Pour avoir tenté de
déborder l’univers en imaginant un nombre plus grand que tout ce que l’on
pourrait concevoir dans l’Univers, pour avoir tenté de construire un concept
que l’univers ne saurait remplir, le génial mathématicien Cantor a sombré
dans la folie. Il y a une ultime porte que l’intelligence analogique ne peut
ouvrir. Peu de textes égalent en grandeur métaphysique celui où H.P.
Lovecraft(103) tente
de décrire l’impensable aventure de l’homme éveillé qui serait parvenu à
entrebâiller cette porte et ainsi aurait prétendu se glisser là où Dieu
règne par-delà l’infini...
« Il savait
qu’un Randolph Carter, de Boston, avait existé ; il ne pouvait pourtant savoir
au juste si c’était lui, fragment ou facette d’entité au-delà de l’Ultime
Porte, ou quelque autre qui avait été ce Randolph Carter. Son “moi” avait
été détruit et cependant, grâce à quelque faculté inconcevable, il avait
également conscience d’être une légion de “moi”. Si toutefois, en ce lieu
où la moindre notion d’existence individuelle était abolie, pouvait survivre,
sous quelque forme une aussi singulière chose. C’était comme si son corps
avait été brusquement transformé en l’une de ces effigies aux membres et
têtes multiples des temps hindous.
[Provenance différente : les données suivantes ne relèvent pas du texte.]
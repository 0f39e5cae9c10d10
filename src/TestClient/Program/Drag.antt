-- ===== src/TestClient/Program/Drag.antt =====
-- src/test-client.c, `main`: what its packets ask of a server.
use wlr_remote.Base.{
  ℕ, zero, suc, ◌≡◌, refl, ap, ◌∙◌, arith, ◌⊎◌, inl, inr, some, List, [], ◌∷◌, replicate, pos, eq_ℤ,
  eq_ℤ_iff, false,
}
use wlr_remote.Libc.ByteOrder.{Endian, little, big, htonl, htons}
use wlr_remote.Packet.{store_packet, packet_to_network}
use wlr_remote.System.Env.{Env, FixedLaws}
use wlr_remote.Pointer.Commands.{Request, move, frame}
use wlr_remote.Network.Callbacks.Played.{meaning, played}
use wlr_remote.TestClient.Types.{ClientEnv, iterations}
use wlr_remote.TestClient.Callbacks.Calm.{writes}
use wlr_remote.TestClient.Program.{client_packet, client_bytes, main}
use wlr_remote.TestClient.Program.Ends.{main-IsOver}

-- `n` motions by (10, 10), each in a frame of its own.
abbrev pub strokes : Env → ℕ → List Request
strokes env zero = []
strokes env (suc n) =
    frame ∷ move (env.fixed_from_int (pos 10)) (env.fixed_from_int (pos 10)) ∷ strokes env n

client_bytes-wire :
    (e : Endian)
    → store_packet e (packet_to_network e client_packet)
      ≡ 0 ∷ 0 ∷ 0 ∷ 10 ∷ 0 ∷ 0 ∷ 0 ∷ 10 ∷ 0 ∷ 0 ∷ 0 ∷ 0 ∷ []
unfolding store_packet packet_to_network htonl htons
client_bytes-wire little = refl
client_bytes-wire big = refl

module _ (env : Env) (fixed : FixedLaws env) (cenv : ClientEnv) where
  fixed_ten_ne_zero : eq_ℤ (env.fixed_from_int (pos 10)) (pos 0) ≡ false
  fixed_ten_ne_zero =
      let ten = env.fixed_from_int (pos 10) in
      ground (arith, eq_ℤ_iff ten (pos 0), fixed.fixed_ne_zero (pos 10) (omega arith))

  meaning-client_bytes : meaning env (client_bytes cenv) ≡ strokes env 1
  meaning-client_bytes =
      rw (client_bytes-wire cenv.base.host_order) (ground (arith, fixed_ten_ne_zero))

  pub played-replicate : (n : ℕ) → played env (replicate n (client_bytes cenv)) ≡ strokes env n
  played-replicate zero = refl
  played-replicate (suc n) = ground (arith, meaning-client_bytes, played-replicate n)

  -- If a run of the client returns and its plaintexts reach a server, whatever the byte order of
  -- either, then the server's pointer is asked for nothing, or for fifty motions by (10, 10), each
  -- in a frame of its own, and for these only where the client ends with success. The server's
  -- conversion to fixed point maps 0 and no other distance in range to 0.
  pub played-main :
      (fuel status : ℕ)
      → (main cenv fuel []).0 ≡ some status
      → let sent = writes (main cenv fuel []).1 in
        (played env sent ≡ []) ⊎ ((played env sent ≡ strokes env iterations) × (status ≡ 0))
  played-main fuel status e = elim (main-IsOver cenv 0 fuel status e).sent [
    | inl none_sent ↦ inl (ap (played env) none_sent)
    | inr (all_sent, success) ↦
        inr (ap (played env) all_sent ∙ played-replicate iterations, success)
  ]
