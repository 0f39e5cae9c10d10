-- ===== src/TestClient/Program/Passed.antt =====
-- src/test-client.c and src/main.c: a run of the client, and a run of the server that hears it.
use mathlib.Core.List.{Memᴰ}
use wlr_remote.Base.{
  ℕ, ◌≡◌, ◌<◌, ap, sym, ◌∙◌, arith, inl, inr, some, List, [], Bytes, length, All, All-replicate,
  All-none,
}
use wlr_remote.System.Env.{Env, FixedLaws}
use wlr_remote.Pointer.Commands.{requests}
use wlr_remote.Network.Callbacks.Played.{played, plaintexts, PlaintextLaws}
use wlr_remote.Main.Program as Server
use wlr_remote.Main.Served.Whole.{main-IsPlayed}
use wlr_remote.TestClient.Types.{ClientEnv, iterations}
use wlr_remote.TestClient.Callbacks.Calm.{writes}
use wlr_remote.TestClient.Program.{client_bytes, main}
use wlr_remote.TestClient.Program.Ends.{main-IsOver}
use wlr_remote.TestClient.Program.Drag.{strokes, played-replicate}

module _ (env : Env) (fixed : FixedLaws env) (laws : PlaintextLaws env) (cenv : ClientEnv) where
  -- The server's tinydtls passing on bytes, and its conversion to fixed point mapping 0 and no other
  -- distance in range to 0: if a run of the client returns, and what tinydtls passes on in a run of
  -- the server are packets that this client wrote, with any of them lost, repeated or out of order,
  -- then the pointer is asked for one motion by (10, 10) for each that is passed on, each in a frame
  -- of its own, and for nothing else; and if there is one, the client ends with success.
  pub main-strokes :
      (argv : List Bytes) (fuel client_fuel status : ℕ)
      → (main cenv client_fuel []).0 ≡ some status
      → let passed = plaintexts (Server.main env fuel argv []).1 in
        All (λ d. Memᴰ d (writes (main cenv client_fuel []).1)) passed
        → (requests (Server.main env fuel argv []).1 ≡ strokes env (length passed))
          × (0 < length passed → status ≡ 0)
  main-strokes argv fuel client_fuel status e heard =
      let passed = plaintexts (Server.main env fuel argv []).1 in
      let done = main-IsPlayed env fuel argv laws in
      elim (main-IsOver cenv 0 client_fuel status e).sent [
        | inl none_sent ↦
            let same : passed ≡ [] = All-none passed (rw none_sent at heard) in
            (
              done ∙ (ap (played env) same ∙ ap (λ ds. strokes env (length ds)) (sym same)),
              (λ h. absurd (ground (arith, same, h))),
            )
        | inr (all_sent, success) ↦
            let same = All-replicate iterations (client_bytes cenv) passed (rw all_sent at heard) in
            (
              done ∙ (ap (played env) same ∙ played-replicate env fixed cenv (length passed)),
              (λ h. success),
            )
      ]
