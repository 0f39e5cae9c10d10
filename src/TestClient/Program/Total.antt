-- ===== src/TestClient/Program/Total.antt =====
-- src/test-client.c, `main`: the handshake comes to an end, and so does the client.
use wlr_remote.Base.{
  ℕ, zero, suc, ◌-◌, ◌≡◌, ◌<◌, refl, ap, ◌∙◌, arith, ◌⊎◌, Bool, true, false, Option, none, some,
  Bool-cases, inl, inr, [], ◌∷◌, Bytes, take, ℤ, is_neg,
}
use wlr_remote.System.Types.{
  Session, Received, datagram, recv_failed, Selected, selected, timeout, select_failed, Lookup,
  found, lookup_failed,
}
use wlr_remote.System.Event.{
  Trace, log, select, recvfrom, dtls_input, dtls_connect, dtls_init, dtls_new_context,
  dtls_set_handler, handshaking, connect_failed, socket, freeaddrinfo,
}
use wlr_remote.Setup.{exit_failure}
use wlr_remote.TestClient.Types.{Vars, ClientEnv}
use wlr_remote.TestClient.Callbacks.{dtls_proceeds}
use wlr_remote.TestClient.Callbacks.Calm.{selections, dtls_proceeds-calm}
use wlr_remote.TestClient.Program.{
  Turn, again, leave, take_datagram, after_select, handshake, after_handshake, connect_server,
  create_context, open_client, cleanup, after_lookup, after_password, main,
}

-- Sooner or later the server is silent: no more than `total` times `select` reports a descriptor.
pub record SilenceLaws (env : ClientEnv) (total : ℕ) : Type 0 where
  pub silent : (t : Trace) (b : Bool) → env.select t ≡ selected b → selections t < total

Turn-cases : (turn : Turn) → ((v : Vars) × (turn ≡ again v)) ⊎ ((v : Vars) × (turn ≡ leave v))
Turn-cases (again v) = inl (v, refl)
Turn-cases (leave v) = inr (v, refl)

module _ (env : ClientEnv) (fd : ℤ) where
  selections-dtls_proceeds :
      (vars : Vars) (t : Trace) → selections (dtls_proceeds env fd vars t).1 ≡ selections t
  selections-dtls_proceeds vars t = ap (λ v. v.4) (dtls_proceeds-calm env 0 fd vars t)

  selections-take_datagram :
      (vars : Vars) (r : Received) (t : Trace)
      → selections (take_datagram env fd vars r t).1 ≡ selections t
  unfolding take_datagram
  selections-take_datagram vars (recv_failed e) t = refl
  selections-take_datagram vars (datagram s b) t =
      let u = dtls_input s (take env.base.dtls_max_buf b) ∷ t in
      ground (arith, selections-dtls_proceeds vars u)

  -- A round that goes on has counted one selection more.
  after_select-again :
      (vars next : Vars) (s : Selected) (t : Trace)
      → (after_select env fd vars s (select s ∷ t)).0 ≡ again next
      → (b : Bool) × (s ≡ selected b)
        × (selections (after_select env fd vars s (select s ∷ t)).1 ≡ suc (selections t))
  unfolding after_select
  after_select-again vars next select_failed t e = cc
  after_select-again vars next timeout t e = cc
  after_select-again vars next (selected false) t e = (false, refl, refl)
  after_select-again vars next (selected true) t e =
      let u = select (selected true) ∷ t in
      let r = env.base.recvfrom u fd in
      (true, refl, selections-take_datagram vars r (recvfrom fd r ∷ u))

  handshake-leave :
      (rounds : ℕ) (vars : Vars) (t : Trace)
      → (handshake env rounds fd (leave vars) t).0 ≡ some vars
  unfolding handshake
  handshake-leave rounds vars t = refl

  handshake-again :
      (rounds : ℕ) (vars : Vars) (t : Trace)
      → vars.is_connected ≡ false
      → let (turn, u) = after_select env fd vars (env.select t) (select (env.select t) ∷ t) in
        handshake env (suc rounds) fd (again vars) t ≡ handshake env rounds fd turn u
  unfolding handshake
  handshake-again rounds vars t no' = ground arith

  -- With enough fuel the handshake returns, connected or not.
  handshake-total :
      (total rounds : ℕ) (vars : Vars) (t : Trace)
      → SilenceLaws env total
      → total - selections t < rounds
      → (done : Vars) × ((handshake env rounds fd (again vars) t).0 ≡ some done)
  unfolding handshake
  handshake-total total zero vars t laws h = elim h [ ]
  handshake-total total (suc rounds) vars t laws h =
      let s = env.select t in
      let (turn, u) = after_select env fd vars s (select s ∷ t) in
      elim (Bool-cases vars.is_connected) [
        | inl yes' ↦ (vars, ground arith)
        | inr no' ↦
            let step = ap (λ c. c.0) (handshake-again rounds vars t no') in
            let resume = λ (x : Turn). (handshake env rounds fd x u).0 in
            elim (Turn-cases turn) [
              | inl (v, more) ↦
                  let (b, came, count) = after_select-again vars v s t more in
                  let (done, e) =
                    handshake-total total rounds v u laws
                      (omega (arith, laws.silent t b came, count)) in
                  (done, step ∙ (ap resume more ∙ e))
              | inr (v, over) ↦ (v, step ∙ (ap resume over ∙ handshake-leave rounds v u))
            ]
      ]

module _ (env : ClientEnv) (total fuel : ℕ) (laws : SilenceLaws env total)
    (enough : total < fuel) where
  -- A run that returns a status.
  abbrev IsDone : Option ℕ × Trace → Type 0
  IsDone (result, t) = (status : ℕ) × (result ≡ some status)

  after_handshake-IsDone :
      (fd : ℤ) (session : Session) (done : Option Vars) (vars : Vars) (t : Trace)
      → done ≡ some vars
      → IsDone (after_handshake env fd session done t)
  unfolding after_handshake
  after_handshake-IsDone fd session none vars t e = cc
  after_handshake-IsDone fd session (some vars') vars t e = (_, refl)

  connect_server-IsDone :
      (fd : ℤ) (session : Session) (vars : Vars) (t : Trace)
      → IsDone (connect_server env fuel fd session vars t)
  unfolding connect_server
  connect_server-IsDone fd session vars t =
      let ((r, vars'), u) = dtls_proceeds env fd vars (dtls_connect session ∷ t) in
      let (done, v) = handshake env fuel fd (again vars') (log handshaking ∷ u) in
      let (vars'', e) =
        handshake-total env fd total fuel vars' (log handshaking ∷ u) laws (omega arith) in
      let (status, ended) = after_handshake-IsDone fd session done vars'' v e in
      elim (Bool-cases (is_neg r)) [
        | inl bad ↦
            ((cleanup env fd vars' (log connect_failed ∷ u)).0, rw (bad, connect_server) refl)
        | inr good ↦ (status, rw (good, connect_server) ended)
      ]

  create_context-IsDone :
      (fd : ℤ) (session : Session) (vars : Vars) (t : Trace)
      → IsDone (create_context env fuel fd session vars t)
  unfolding create_context
  create_context-IsDone fd session vars t =
      let u = dtls_new_context true ∷ dtls_init ∷ t in
      let (status, e) = connect_server-IsDone fd session vars (dtls_set_handler ∷ u) in
      elim (Bool-cases (env.base.dtls_new_context (dtls_init ∷ t))) [
        | inl made ↦ (status, rw (made, create_context) e)
        | inr none_made ↦ (exit_failure, rw (none_made, create_context) refl)
      ]

  after_lookup-IsDone :
      (vars : Vars) (r : Lookup) (t : Trace) → IsDone (after_lookup env fuel vars r t)
  unfolding after_lookup open_client
  after_lookup-IsDone vars (lookup_failed code) t = (exit_failure, refl)
  after_lookup-IsDone vars (found head addrlen) t =
      let fd = env.base.socket t head in
      let u = freeaddrinfo ∷ socket head.family head.socktype head.protocol fd ∷ t in
      let (status, e) =
        create_context-IsDone fd (record { addr = head.addr; size = addrlen }) vars u in
      elim (Bool-cases (is_neg fd)) [
        | inl bad ↦ (exit_failure, rw (bad, open_client) refl)
        | inr good ↦ (status, rw (good, open_client) e)
      ]

  after_password-IsDone : (key : Option Bytes) (t : Trace) → IsDone (after_password env fuel key t)
  unfolding after_password
  after_password-IsDone none t = (exit_failure, refl)
  after_password-IsDone (some key) t = after_lookup-IsDone _ (env.lookup t) _

  -- If no more than `total` times `select` reports a descriptor, then the client returns a status,
  -- with any greater bound on the rounds of its handshake.
  pub main-total : (status : ℕ) × ((main env fuel []).0 ≡ some status)
  unfolding main
  main-total = after_password-IsDone _ _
En un effort insensé, contemplant cet
agglomérat, il tentait d’en séparer son corps originel – si toutefois pouvait
exister un corps originel...
« Durant ces terrifiantes
visions, ce fragment de Randolph Carter qui avait franchi l’Ultime Porte, fut
arraché au nadir de l’horreur pour plonger dans les abîmes d’une horreur
encore plus profonde, et, cette fois, cela venait de l’intérieur : c’était une
force, une sorte de personnalité qui brusquement lui faisait face et
l’entourait tout à la fois, s’emparait de lui et s’intégrant à sa propre
présence, coexistait à toutes les éternités, était contiguë à tous les
espaces. Il n’y avait aucune manifestation visible, mais la perception de cette
entité et la redoutable combinaison des concepts d’identité et d’infinité
lui communiquaient une terreur paralysante. Cette terreur dépassait de loin
toutes celles dont, jusque-là, les multiples facettes de Carter avaient
soupçonné l’existence... Cette entité était tout en un et un en tout, un
être à la fois infini et limité qui n’appartenait pas seulement à un
continu d’espace-temps, mais faisait partie intégrante du maelström éternel
de forces de vie, de l’ultime maelström sans limites qui dépasse aussi bien
les mathématiques que l’imagination. Cette entité était peut-être celle que
certains cultes secrets de la terre évoquent à voix basse et que les esprits
vaporeux des nébuleuses spirales désignent par un signe intranscriptible...
Et en un éclair, projeté encore plus loin, le fragment Carter connut la
superficialité, l’insuffisance de ce qu’il venait d’éprouver de cela même,
de cela même... »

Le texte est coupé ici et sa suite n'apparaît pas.